Heute Nacht deutscher Zeit werden in Los Angeles die *Teen Choice Awards 2011* verliehen, für die deutschen Fans heißt das: Den Wecker stellen. Bereits um 0*1:30 Uhr beginnt die Live Übertragung vom roten Teppich*. Um *02:00 Uhr beginnt der US-TV Sender Fox dann mit der Live Übertragung der Teen Choice Awards*, während der Sendung können die Fans via Internet Backstage alles verfolgen und mit den Stars chatten. *Ab 04:00 gibt es dann alle Highlights der Show* auch im Internet noch einmal zu sehen.

Die diesjährigen Teen Choice Awards werden *moderiert von der Schauspielerin Kaley Cuoco*, die in den USA durch die TV-Serie "The Big Bang Theory" bekannt ist.

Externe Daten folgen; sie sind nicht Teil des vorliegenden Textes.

-- ===== src/Asdu/Monitor/Elements.antt =====
-- asdu/mproc.go: the information objects of process information, with the octets that their senders
-- append and the order in which their getters decode them. A float32 is its 32 bits.
use go_iecp.Shared.{
  ℕ, Bool, List, [], ◌∷◌, ◌++◌, Option, none, some, bit_and, bit_or, ◌==◌, if◌then◌else◌, ℤ,
  to_word,
}
use go_iecp.Asdu.TypeId.{
  m_bo_na_1, m_bo_ta_1, m_bo_tb_1, m_dp_na_1, m_dp_ta_1, m_dp_tb_1, m_ep_ta_1, m_ep_tb_1, m_ep_tc_1,
  m_ep_td_1, m_ep_te_1, m_ep_tf_1, m_it_na_1, m_it_ta_1, m_it_tb_1, m_me_na_1, m_me_nb_1, m_me_nc_1,
  m_me_nd_1, m_me_ta_1, m_me_tb_1, m_me_tc_1, m_me_td_1, m_me_te_1, m_me_tf_1, m_sp_na_1, m_sp_ta_1,
  m_sp_tb_1, m_st_na_1, m_st_ta_1, m_st_tb_1,
}
use go_iecp.Asdu.Information.{StepPosition, step_position_value, parse_step_position}
use go_iecp.Asdu.Message.{Asdu}
use go_iecp.Asdu.Codec.{
  octets16, octets32, decode_byte, decode_normalize, decode_scaled, decode_bits_string32,
  decode_cp16_time2a, decode_status_and_status_change_detection, BinaryCounterReading,
  counter_octets, decode_binary_counter_reading,
}
use go_iecp.Asdu.Monitor.{Layout, TimeTag, no_tag, three_types, two_types}

pub record Info (V : Type 0) : Type 0 where
  pub ioa : ℕ
  pub value : V
  pub qds : ℕ
  pub time : List ℕ

abbrev pub SinglePointInfo : Type 0
SinglePointInfo = Info Bool

abbrev pub DoublePointInfo : Type 0
DoublePointInfo = Info ℕ

abbrev pub StepPositionInfo : Type 0
StepPositionInfo = Info StepPosition

abbrev pub BitString32Info : Type 0
BitString32Info = Info ℕ

abbrev pub MeasuredValueNormalInfo : Type 0
MeasuredValueNormalInfo = Info ℤ

abbrev pub MeasuredValueScaledInfo : Type 0
MeasuredValueScaledInfo = Info ℤ

abbrev pub MeasuredValueFloatInfo : Type 0
MeasuredValueFloatInfo = Info ℕ

pub record BinaryCounterReadingInfo : Type 0 where
  pub ioa : ℕ
  pub value : BinaryCounterReading
  pub time : List ℕ

-- The event is the start events or the output circuits in the packed objects.
pub record ProtectionInfo : Type 0 where
  pub ioa : ℕ
  pub event : ℕ
  pub qdp : ℕ
  pub msec : ℕ
  pub time : List ℕ

abbrev pub EventOfProtectionEquipmentInfo : Type 0
EventOfProtectionEquipmentInfo = ProtectionInfo

abbrev pub PackedStartEventsOfProtectionEquipmentInfo : Type 0
PackedStartEventsOfProtectionEquipmentInfo = ProtectionInfo

abbrev pub PackedOutputCircuitInfoInfo : Type 0
PackedOutputCircuitInfoInfo = ProtectionInfo

pub record PackedSinglePointWithScdInfo : Type 0 where
  pub ioa : ℕ
  pub scd : ℕ
  pub qds : ℕ

-- A value that is decoded goes through a function.
abbrev pub mapped : {A B : Type 0} → (A → B) → Option (A × Asdu) → Option (B × Asdu)
mapped f none = none
mapped f (some (v, a)) = some (f v, a)

-- The octet behind a value.
abbrev then_byte : {A : Type 0} → Option (A × Asdu) → Option ((A × ℕ) × Asdu)
then_byte none = none
then_byte (some (v, a)) = mapped (λ b. (v, b)) (decode_byte a)

abbrev then_cp16 : {A : Type 0} → Option (A × Asdu) → Option ((A × ℕ) × Asdu)
then_cp16 none = none
then_cp16 (some (v, a)) = mapped (λ b. (v, b)) (decode_cp16_time2a a)

abbrev info : {V : Type 0} → ℕ → V × ℕ → List ℕ → Info V
info x (v, q) t = record { ioa = x; value = v; qds = q; time = t }

abbrev with_qds : {A : Type 0} → Option (A × Asdu) → ℕ → ℕ → Option ((A × ℕ) × Asdu)
with_qds read nd type_id = if type_id == nd then mapped (λ v. (v, 0)) read else then_byte read

unfoldable pub single_point : Layout SinglePointInfo (Bool × ℕ)
single_point = record {
  tag = three_types m_sp_na_1 m_sp_ta_1 m_sp_tb_1;
  addr = λ v. v.ioa;
  time = λ v. v.time;
  fields = λ t v. bit_or (if v.value then 1 else 0) (bit_and v.qds 0xf0) ∷ [];
  decode_fields = λ t a. mapped (λ b. (bit_and b 0x01 == 0x01, bit_and b 0xf0)) (decode_byte a);
  build = λ x. info x;
}

unfoldable pub double_point : Layout DoublePointInfo (ℕ × ℕ)
double_point = record {
  tag = three_types m_dp_na_1 m_dp_ta_1 m_dp_tb_1;
  addr = λ v. v.ioa;
  time = λ v. v.time;
  fields = λ t v. bit_or (bit_and v.value 0x03) (bit_and v.qds 0xf0) ∷ [];
  decode_fields = λ t a. mapped (λ b. (bit_and b 0x03, bit_and b 0xf0)) (decode_byte a);
  build = λ x. info x;
}

unfoldable pub step_position : Layout StepPositionInfo (StepPosition × ℕ)
step_position = record {
  tag = three_types m_st_na_1 m_st_ta_1 m_st_tb_1;
  addr = λ v. v.ioa;
  time = λ v. v.time;
  fields = λ t v. step_position_value v.value ∷ v.qds ∷ [];
  decode_fields = λ t a. then_byte (mapped parse_step_position (decode_byte a));
  build = λ x. info x;
}

unfoldable pub bit_string32 : Layout BitString32Info (ℕ × ℕ)
bit_string32 = record {
  tag = three_types m_bo_na_1 m_bo_ta_1 m_bo_tb_1;
  addr = λ v. v.ioa;
  time = λ v. v.time;
  fields = λ t v. octets32 v.value ++ (v.qds ∷ []);
  decode_fields = λ t a. then_byte (decode_bits_string32 a);
  build = λ x. info x;
}

-- Only M_ME_ND_1 goes without the quality.
abbrev normal_tag : ℕ → TimeTag
normal_tag type_id =
    if type_id == m_me_nd_1 then no_tag else three_types m_me_na_1 m_me_ta_1 m_me_td_1 type_id

unfoldable pub measured_value_normal : Layout MeasuredValueNormalInfo (ℤ × ℕ)
measured_value_normal = record {
  tag = normal_tag;
  addr = λ v. v.ioa;
  time = λ v. v.time;
  fields = λ t v. octets16 (to_word 65536 v.value) ++ (if t == m_me_nd_1 then [] else v.qds ∷ []);
  decode_fields = λ t a. with_qds (decode_normalize a) m_me_nd_1 t;
  build = λ x. info x;
}

unfoldable pub measured_value_scaled : Layout MeasuredValueScaledInfo (ℤ × ℕ)
measured_value_scaled = record {
  tag = three_types m_me_nb_1 m_me_tb_1 m_me_te_1;
  addr = λ v. v.ioa;
  time = λ v. v.time;
  fields = λ t v. octets16 (to_word 65536 v.value) ++ (v.qds ∷ []);
  decode_fields = λ t a. then_byte (decode_scaled a);
  build = λ x. info x;
}

unfoldable pub measured_value_float : Layout MeasuredValueFloatInfo (ℕ × ℕ)
measured_value_float = record {
  tag = three_types m_me_nc_1 m_me_tc_1 m_me_tf_1;
  addr = λ v. v.ioa;
  time = λ v. v.time;
  fields = λ t v. octets32 v.value ++ (bit_and v.qds 0xf1 ∷ []);
  decode_fields = λ t a. mapped (λ f. (f.0, bit_and f.1 0xf1)) (then_byte (decode_bits_string32 a));
  build = λ x. info x;
}

unfoldable pub integrated_totals : Layout BinaryCounterReadingInfo BinaryCounterReading
integrated_totals = record {
  tag = three_types m_it_na_1 m_it_ta_1 m_it_tb_1;
  addr = λ v. v.ioa;
  time = λ v. v.time;
  fields = λ t v. counter_octets v.value;
  decode_fields = λ t a. decode_binary_counter_reading a;
  build = λ x f time. record { ioa = x; value = f; time = time };
}

abbrev protection_info : ℕ → (ℕ × ℕ) × ℕ → List ℕ → ProtectionInfo
protection_info x ((event, qdp), msec) time = record {
  ioa = x;
  event = event;
  qdp = qdp;
  msec = msec;
  time = time;
}

unfoldable pub event_of_protection_equipment : Layout EventOfProtectionEquipmentInfo ((ℕ × ℕ) × ℕ)
event_of_protection_equipment = record {
  tag = two_types m_ep_ta_1 m_ep_td_1;
  addr = λ v. v.ioa;
  time = λ v. v.time;
  fields = λ t v. bit_or (bit_and v.event 0x03) (bit_and v.qdp 0xf8) ∷ octets16 v.msec;
  decode_fields = λ t a. then_cp16 (mapped (λ b. (bit_and b 0x03, bit_and b 0xf8)) (decode_byte a));
  build = protection_info;
}

-- The packed objects: an octet of events and one of quality.
abbrev packed : ℕ → ℕ → Layout ProtectionInfo ((ℕ × ℕ) × ℕ)
packed ta tb = record {
  tag = two_types ta tb;
  addr = λ v. v.ioa;
  time = λ v. v.time;
  fields = λ t v. v.event ∷ bit_and v.qdp 0xf8 ∷ octets16 v.msec;
  decode_fields =
      λ t a. then_cp16 (mapped (λ f. (f.0, bit_and f.1 0xf8)) (then_byte (decode_byte a)));
  build = protection_info;
}

unfoldable pub packed_start_events : Layout PackedStartEventsOfProtectionEquipmentInfo ((ℕ × ℕ) × ℕ)
packed_start_events = packed m_ep_tb_1 m_ep_te_1

unfoldable pub packed_output_circuit_info : Layout PackedOutputCircuitInfoInfo ((ℕ × ℕ) × ℕ)
packed_output_circuit_info = packed m_ep_tc_1 m_ep_tf_1

-- Its senders and getter have no switch on the type.
unfoldable pub packed_single_point_with_scd : Layout PackedSinglePointWithScdInfo (ℕ × ℕ)
packed_single_point_with_scd = record {
  tag = λ t. no_tag;
  addr = λ v. v.ioa;
  time = λ v. [];
  fields = λ t v. octets32 v.scd ++ (v.qds ∷ []);
  decode_fields = λ t a. then_byte (decode_status_and_status_change_detection a);
  build = λ x f time. record { ioa = x; scd = f.0; qds = f.1 };
}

Auf der *Bühne werden Selena Gomez & The Scene, Jason Derülo und OneRepublic performen*. Will.I.Am von den Black Eyed Peas wird es sich am DJ-Pult gemütlich machen und für gute Musik in den Pausen sorgen. 

Der Stream sollte dann hier laufen:

Teen Choice Awards 2011 - Vote Every Day


----------



## BlueLynne (8 Aug. 2011)

aber da möchte ich schlafen, hoffe auf viele Posts 
unverschämt was


----------